→ To do
Wherever the string "deployer" turns up in the data, copy the whole line.

____

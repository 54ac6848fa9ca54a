-- ===== src/Factory/Registry/Fresh.antt =====
-- The raffle that a configuration asks for, and what `init` of the raffle contract makes of it.
use tikka_contracts.Prelude.{
  false, [], not, ◌&&◌, ◌==◌, if◌then◌else◌, or_else, ℕ, ◌≡◌, refl, Option, none, some,
}
use tikka_contracts.Shared.Types.{Address, RaffleConfig, or_default, resolve_defaults}
use tikka_contracts.Shared.Status.{pending_prize}
use tikka_contracts.Shared.Validate.{with_address_cap}
use tikka_contracts.Instance.State.{Raffle, Contract}
use tikka_contracts.Instance.Init.{new_raffle}

-- The raffle that a configuration asks for: its terms, one ticket for each address where the configuration
-- has no other cap and does not allow several, an hour of lockup, thirty days until a claim expires and five
-- minutes for a swap where it names no other, and nothing sold, paid in, drawn or paused.
abbrev pub fresh_raffle : Address → ℕ → Option Address → RaffleConfig → Raffle
fresh_raffle owner fee recipient c = record {
  creator = owner;
  description = c.description;
  end_time = c.end_time;
  no_deadline = c.no_deadline;
  max_tickets = c.max_tickets;
  max_tickets_per_tx = c.max_tickets_per_tx;
  max_tickets_per_address =
      if c.max_tickets_per_address == 0 && not c.allow_multiple
      then 1
      else c.max_tickets_per_address;
  min_tickets = c.min_tickets;
  allow_multiple = c.allow_multiple;
  ticket_price = c.ticket_price;
  payment_token = c.payment_token;
  prize_token = c.payment_token;
  prize_amount = c.prize_amount;
  prizes = c.prizes;
  tickets_sold = 0;
  status = pending_prize;
  prize_deposited = false;
  winners = [];
  randomness_source = c.randomness_source;
  oracle_address = c.oracle_address;
  protocol_fee_bp = fee;
  treasury_address = recipient;
  swap_router = c.swap_router;
  tikka_token = c.tikka_token;
  finalized_at = none;
  claim_lockup_seconds = or_else c.claim_lockup_seconds 3_600;
  claim_expiry_seconds = or_else c.claim_expiry_seconds 2_592_000;
  swap_deadline_seconds = or_else c.swap_deadline_seconds 300;
  ticket_sales_paused = false;
  early_bird_ticket_percentage = c.early_bird_ticket_percentage;
  early_bird_discount_bp = c.early_bird_discount_bp;
  metadata_hash = c.metadata_hash;
  unique_winners = c.unique_winners;
  bundles = c.bundles;
  nft_contract = c.nft_contract;
}

-- A contract that holds the raffle of a configuration.
pub record Initialises (deployer administrator owner : Address) (c : RaffleConfig) (s : Contract)
    : Type 0 where
  pub stored : s.raffle ≡ some (fresh_raffle owner c.protocol_fee_bp c.treasury_address c)
  pub factory : s.factory ≡ some deployer
  pub admin : s.admin ≡ some administrator

-- Defaults that are filled in twice are those that are filled in once.
pub default_twice : (o : Option ℕ) (n : ℕ) → or_else (or_default o n) n ≡ or_else o n
default_twice none n = refl
default_twice (some m) n = refl

pub new_raffle-eq-fresh_raffle :
    (creator : Address) (c : RaffleConfig)
    → new_raffle creator (with_address_cap (resolve_defaults c))
      ≡ fresh_raffle creator c.protocol_fee_bp c.treasury_address c
unfolding resolve_defaults
new_raffle-eq-fresh_raffle creator c = λ i.
    record (fresh_raffle creator c.protocol_fee_bp c.treasury_address c) {
      claim_lockup_seconds = default_twice c.claim_lockup_seconds 3_600 i;
      claim_expiry_seconds = default_twice c.claim_expiry_seconds 2_592_000 i;
      swap_deadline_seconds = default_twice c.swap_deadline_seconds 300 i;
    }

____

→ Answer to this task
pub record Initialises (deployer administrator owner : Address) (c : RaffleConfig) (s : Contract)
  pub factory : s.factory ≡ some deployer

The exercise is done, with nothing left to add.